InícioRegulaçãoBrasilBitcoin e Cripto nas Eleições de 2026: O Que Esperar

Bitcoin e Cripto nas Eleições de 2026: O Que Esperar

-

Com milhões de brasileiros investindo em criptoativos, o setor começa a se organizar como força política para influenciar candidatos e a regulação nas eleições de 2026.

O mercado de criptomoedas no Brasil não é mais apenas um fenômeno financeiro. Com dezenas de milhões de CPFs cadastrados em exchanges e um volume crescente de investidores pessoa física, o setor começa a enxergar seu peso eleitoral — e quer usá-lo. A movimentação política em torno das eleições de 2026 já está em curso, e o tema da regulação cripto deve ganhar espaço relevante no debate público.

Segundo o Portal do Bitcoin, entidades e lideranças do ecossistema cripto brasileiro articulam estratégias para transformar usuários e investidores em uma base política organizada, capaz de pressionar candidatos e influenciar o Congresso Nacional na construção de um marco regulatório mais favorável ao setor.

A ideia não é nova no mundo. Nos Estados Unidos, grupos ligados ao mercado cripto já movimentaram centenas de milhões de dólares em doações e lobbying durante o ciclo eleitoral de 2024, com impacto direto sobre a composição do Congresso americano e sobre as promessas de candidatos presidenciais. No Brasil, o movimento ainda engatinha, mas o apetite político cresce junto com a base de usuários.

🗳️ Mobilização de Eleitores

O setor quer identificar e engajar investidores em cripto como bloco eleitoral consciente, priorizando candidatos com posições claras sobre regulação.

🏛️ Pressão no Congresso

Associações do setor buscam eleger ou aproximar parlamentares que possam acelerar e moldar o avanço da regulação de criptoativos no Brasil.

📋 Marco Regulatório

O Brasil já possui a Lei das Criptos (Lei 14.478/2022), mas sua regulamentação pelo Banco Central ainda avança em ritmo gradual, mantendo o tema na pauta política.

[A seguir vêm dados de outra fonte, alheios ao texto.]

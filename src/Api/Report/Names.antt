-- ===== src/Api/Report/Names.antt =====
-- The names of containers under a status report (internal/api/nodes.go).
use hambo.Base.{
  ℕ, String, List, [], ◌∷◌, ◌≡◌, refl, sym, arith, ok, Result-cases, Bool-cases, inl, inr,
  dec_string, ok-injective,
}
use hambo.Model.Container.{Container}
use hambo.Model.Database.{Database, Collections, AreLawful}
use hambo.Model.Names.{KeepsNames, KeepsNames-refl, KeepsNames-trans, update-KeepsNames}
use hambo.Api.Report.{
  ContainerStatusReport, ReportNodeStatusRequest, is_backward, reported, apply_report,
  apply_reports, apply_found, record_report, report_tx,
}
use hambo.Api.Report.Sequence.{report_tx-node, report_tx-lem}

module _ {N C T : Type 0} (c : Collections N C T) (lawful : AreLawful c) where
  record_report-KeepsNames :
      (node_id : String) (r : ContainerStatusReport) (current : Container) (s s' : C)
      → c.containers.get_tx r.id s ≡ ok current
      → record_report c node_id r current s ≡ ok s'
      → KeepsNames c s s'
  unfolding record_report
  record_report-KeepsNames node_id r current s s' found h =
      elim (dec_string current.node_id node_id) [
        | no foreign ↦ absurd (ground arith)
        | yes own ↦ elim (Bool-cases (is_backward current.state r.state)) [
          | inl back ↦ KeepsNames-refl c s s' (ground arith)
          | inr onward ↦
              update-KeepsNames c lawful r.id current (reported current r) s s' found refl
                (ground arith)
        ]
      ]

  apply_report-KeepsNames :
      (node_id : String) (r : ContainerStatusReport) (s s' : C)
      → apply_report c node_id r s ≡ ok s'
      → KeepsNames c s s'
  unfolding apply_report apply_found
  apply_report-KeepsNames node_id r s s' h = elim (Result-cases (c.containers.get_tx r.id s)) [
    | inr (e, p) ↦ KeepsNames-refl c s s' (ground arith)
    | inl (current, p) ↦ record_report-KeepsNames node_id r current s s' p (ground arith)
  ]

  apply_reports-KeepsNames :
      (node_id : String) (rs : List ContainerStatusReport) (s s' : C)
      → apply_reports c node_id rs s ≡ ok s'
      → KeepsNames c s s'
  unfolding apply_reports
  apply_reports-KeepsNames node_id [] s s' h = KeepsNames-refl c s s' (sym (ok-injective s s' h))
  apply_reports-KeepsNames node_id (r ∷ rs) s s' h =
      elim (Result-cases (apply_report c node_id r s)) [
        | inr (e, p) ↦ absurd (ground arith)
        | inl (t, p) ↦
            KeepsNames-trans c s t s' (apply_report-KeepsNames node_id r s t p)
              (apply_reports-KeepsNames node_id rs t s' (ground arith))
      ]

  pub report_tx-KeepsNames :
      (now : ℕ) (node_id : String) (request : ReportNodeStatusRequest) (db db' : Database N C T)
      → report_tx c now node_id request db ≡ ok db'
      → KeepsNames c db.containers db'.containers
  report_tx-KeepsNames now node_id request db db' h =
      let (current, found) = report_tx-node c now node_id request db db' h in
      let (same, what) = report_tx-lem c lawful now node_id request current db db' found h in
      elim what [
        | inl (old, e) ↦ KeepsNames-refl c db.containers db'.containers (ground arith)
        | inr r ↦
            apply_reports-KeepsNames node_id request.containers db.containers db'.containers
              r.containers
      ]
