-- ===== src/Api/Report/Progress.antt =====
-- What a node's reports may do to containers (internal/api/nodes.go).
use hambo.Base.{
  ℕ, ◌≤◌, String, false, List, [], ◌∷◌, ◌≡◌, ◌≢◌, refl, sym, ap, ◌∙◌, arith, ok, err, not_found,
  Result-cases, Bool-cases, inl, inr, dec_string, All, subst, ok-injective,
}
use hambo.Model.Container.{Container, State, pending, running, exited, other}
use hambo.Model.Database.{Collections, AreLawful}
use hambo.Api.Report.{
  ContainerStatusReport, is_backward, reported, apply_report, apply_reports, apply_found,
  record_report,
}

-- How far a container has come in its life.
abbrev pub rank : State → ℕ
rank pending = 0
rank running = 1
rank exited = 2
rank (other s) = 0

abbrev pub IsKnown : State → Type 0
IsKnown (other s) = ⊥
IsKnown _ = Unit {0}

abbrev pub HasState : ContainerStatusReport → Type 0
HasState r = IsKnown r.state

-- What a container of the node `node_id` can become by a report: what it is, where it runs and
-- what is wanted of it stay, and its life goes forward. A container of another node stays whole.
pub record Advances (node_id : String) (c c' : Container) : Type 0 where
  pub same_id : c'.id ≡ c.id
  pub same_name : c'.name ≡ c.name
  pub same_image : c'.image ≡ c.image
  pub same_node : c'.node_id ≡ c.node_id
  pub same_creation : c'.created_at ≡ c.created_at
  pub same_deletion : c'.deletion_requested_at ≡ c.deletion_requested_at
  pub forward : rank c.state ≤ rank c'.state
  pub foreign : c.node_id ≢ node_id → c' ≡ c

Advances-refl : (node_id : String) (c : Container) → Advances node_id c c
Advances-refl node_id c = ground arith

Advances-trans :
    (node_id : String) (a b c : Container)
    → Advances node_id a b
    → Advances node_id b c
    → Advances node_id a c
Advances-trans node_id a b c p q = record {
  same_id = q.same_id ∙ p.same_id;
  same_name = q.same_name ∙ p.same_name;
  same_image = q.same_image ∙ p.same_image;
  same_node = q.same_node ∙ p.same_node;
  same_creation = q.same_creation ∙ p.same_creation;
  same_deletion = q.same_deletion ∙ p.same_deletion;
  forward = omega (arith, p.forward, q.forward);
  foreign = λ ne. q.foreign (λ e. ne (sym p.same_node ∙ e)) ∙ p.foreign ne;
}

not-backward_forward : (s t : State) → IsKnown t → is_backward s t ≡ false → rank s ≤ rank t
unfolding is_backward
not-backward_forward s t ht h = ground arith

module _ {N C T : Type 0} (c : Collections N C T) where
  -- What a transaction of the node `node_id` may do to the collection of containers.
  pub record Progress (node_id : String) (before after : C) : Type 0 where
    pub unknown :
        (j : String)
        → c.containers.get_tx j before ≡ err not_found
        → c.containers.get_tx j after ≡ err not_found
    pub moves :
        (j : String) (a : Container)
        → c.containers.get_tx j before ≡ ok a
        → (a' : Container) × (c.containers.get_tx j after ≡ ok a') × Advances node_id a a'

  Progress-refl : (node_id : String) (s : C) → Progress node_id s s
  Progress-refl node_id s = record {
    unknown = λ j h. h;
    moves = λ j a h. (a, h, Advances-refl node_id a);
  }

  Progress-trans :
      (node_id : String) (s t u : C)
      → Progress node_id s t
      → Progress node_id t u
      → Progress node_id s u
  Progress-trans node_id s t u p q = record {
    unknown = λ j h. q.unknown j (p.unknown j h);
    moves = λ j a h.
        let (b, hb, ab) = p.moves j a h in
        let (d, hd, bd) = q.moves j b hb in (d, hd, Advances-trans node_id a b d ab bd);
  }

  module _ (lawful : AreLawful c) (node_id : String) where
    update-Progress :
        (r : ContainerStatusReport) (current : Container) (s s' : C)
        → HasState r
        → c.containers.get_tx r.id s ≡ ok current
        → current.node_id ≡ node_id
        → is_backward current.state r.state ≡ false
        → c.containers.update_tx r.id (reported current r) s ≡ ok s'
        → Progress node_id s s'
    update-Progress r current s s' known found own onward h = record {
      unknown =
          λ j g. ground (arith, lawful.containers.update-get r.id j (reported current r) s s' h);
      moves = λ j a g. elim (dec_string j r.id) [
        | no other_id ↦ (
          a,
          ground (arith, lawful.containers.update-get r.id j (reported current r) s s' h),
          Advances-refl node_id a,
        )
        | yes same ↦ (
          reported current r,
          ground (arith, lawful.containers.update-get r.id j (reported current r) s s' h),
          subst (λ x. Advances node_id x (reported current r))
              (ok-injective current a
                (sym found ∙ ap (λ k. c.containers.get_tx k s) (sym same) ∙ g))
              (record {
                same_id = refl;
                same_name = refl;
                same_image = refl;
                same_node = refl;
                same_creation = refl;
                same_deletion = refl;
                forward = not-backward_forward current.state r.state known onward;
                foreign = λ ne. absurd (ne own);
              }),
        )
      ];
    }

    record_report-Progress :
        (r : ContainerStatusReport) (current : Container) (s s' : C)
        → HasState r
        → c.containers.get_tx r.id s ≡ ok current
        → record_report c node_id r current s ≡ ok s'
        → Progress node_id s s'
    unfolding record_report
    record_report-Progress r current s s' known found h =
        elim (dec_string current.node_id node_id) [
          | no foreign ↦ absurd (ground arith)
          | yes own ↦ elim (Bool-cases (is_backward current.state r.state)) [
            | inl back ↦ subst (Progress node_id s) (ground arith) (Progress-refl node_id s)
            | inr onward ↦ update-Progress r current s s' known found own onward (ground arith)
          ]
        ]

    apply_report-Progress :
        (r : ContainerStatusReport) (s s' : C)
        → HasState r
        → apply_report c node_id r s ≡ ok s'
        → Progress node_id s s'
    unfolding apply_report apply_found
    apply_report-Progress r s s' known h = elim (Result-cases (c.containers.get_tx r.id s)) [
      | inr (e, p) ↦ subst (Progress node_id s) (ground arith) (Progress-refl node_id s)
      | inl (current, p) ↦ record_report-Progress r current s s' known p (ground arith)
    ]

    -- If the reports of one request have supported states and are applied without an error, then no
    -- container comes into being, each stored one keeps its ID, name, image, node, creation and
    -- deletion times, its state never goes back in the order pending, running, exited, and a
    -- container of another node stays as it was.
    pub apply_reports-Progress :
        (rs : List ContainerStatusReport) (s s' : C)
        → All HasState rs
        → apply_reports c node_id rs s ≡ ok s'
        → Progress node_id s s'
    unfolding apply_reports
    apply_reports-Progress [] s s' known h =
        subst (Progress node_id s) (ok-injective s s' h) (Progress-refl node_id s)
    apply_reports-Progress (r ∷ rs) s s' known h =
        elim (Result-cases (apply_report c node_id r s)) [
          | inr (e, p) ↦ absurd (ground arith)
          | inl (t, p) ↦
              Progress-trans node_id s t s' (apply_report-Progress r s t known.0 p)
                (apply_reports-Progress rs t s' known.1 (ground arith))
        ]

🌐 Referência Internacional

O ciclo eleitoral dos EUA em 2024 mostrou o poder do lobby cripto organizado. O Brasil observa o modelo com atenção crescente.

Regulação: o centro do debate político cripto

A Lei 14.478/2022, sancionada no fim do governo Bolsonaro, estabeleceu as bases legais para o mercado de criptoativos no Brasil e colocou o Banco Central como autoridade reguladora das exchanges. Desde então, o Bacen trabalha na elaboração de normas específicas, mas o processo é gradual e ainda deixa muitas lacunas abertas — especialmente sobre custódia, tributação e prevenção à lavagem de dinheiro.

É exatamente nesse vácuo que o setor enxerga oportunidade política. Candidatos dispostos a defender um ambiente regulatório mais claro e menos restritivo podem encontrar uma base de apoio relevante num eleitorado que, segundo dados da Receita Federal, já supera 10 milhões de declarantes com posição em criptoativos.

Leia tambem: guia completo de Bitcoin para iniciantes.

O peso eleitoral do investidor cripto

Com mais de 10 milhões de CPFs declarando criptoativos à Receita Federal e uma base de usuários em exchanges que pode ser ainda maior, o eleitorado cripto representa um segmento expressivo do Brasil economicamente ativo. Organizado, esse grupo tem potencial de pressionar plataformas partidárias e forçar o tema regulatório para o centro do debate eleitoral em 2026.

Desafios para a mobilização política cripto

Apesar do potencial, a mobilização do setor enfrenta obstáculos reais. A base de investidores em cripto é heterogênea — inclui desde traders profissionais até trabalhadores que recebem salários em stablecoins — e não necessariamente compartilha uma pauta política unificada além da questão regulatória.

Além disso, o histórico de associação entre criptomoedas e escândalos financeiros — como o colapso da FTX em 2022 e fraudes envolvendo projetos brasileiros — ainda pesa na percepção pública e pode dificultar a construção de uma imagem política positiva para o setor.

📰 Fonte

As informações sobre a articulação política do setor cripto para as eleições de 2026 foram reportadas originalmente pelo Portal do Bitcoin, veículo de referência em jornalismo cripto no Brasil, vinculado ao grupo UOL.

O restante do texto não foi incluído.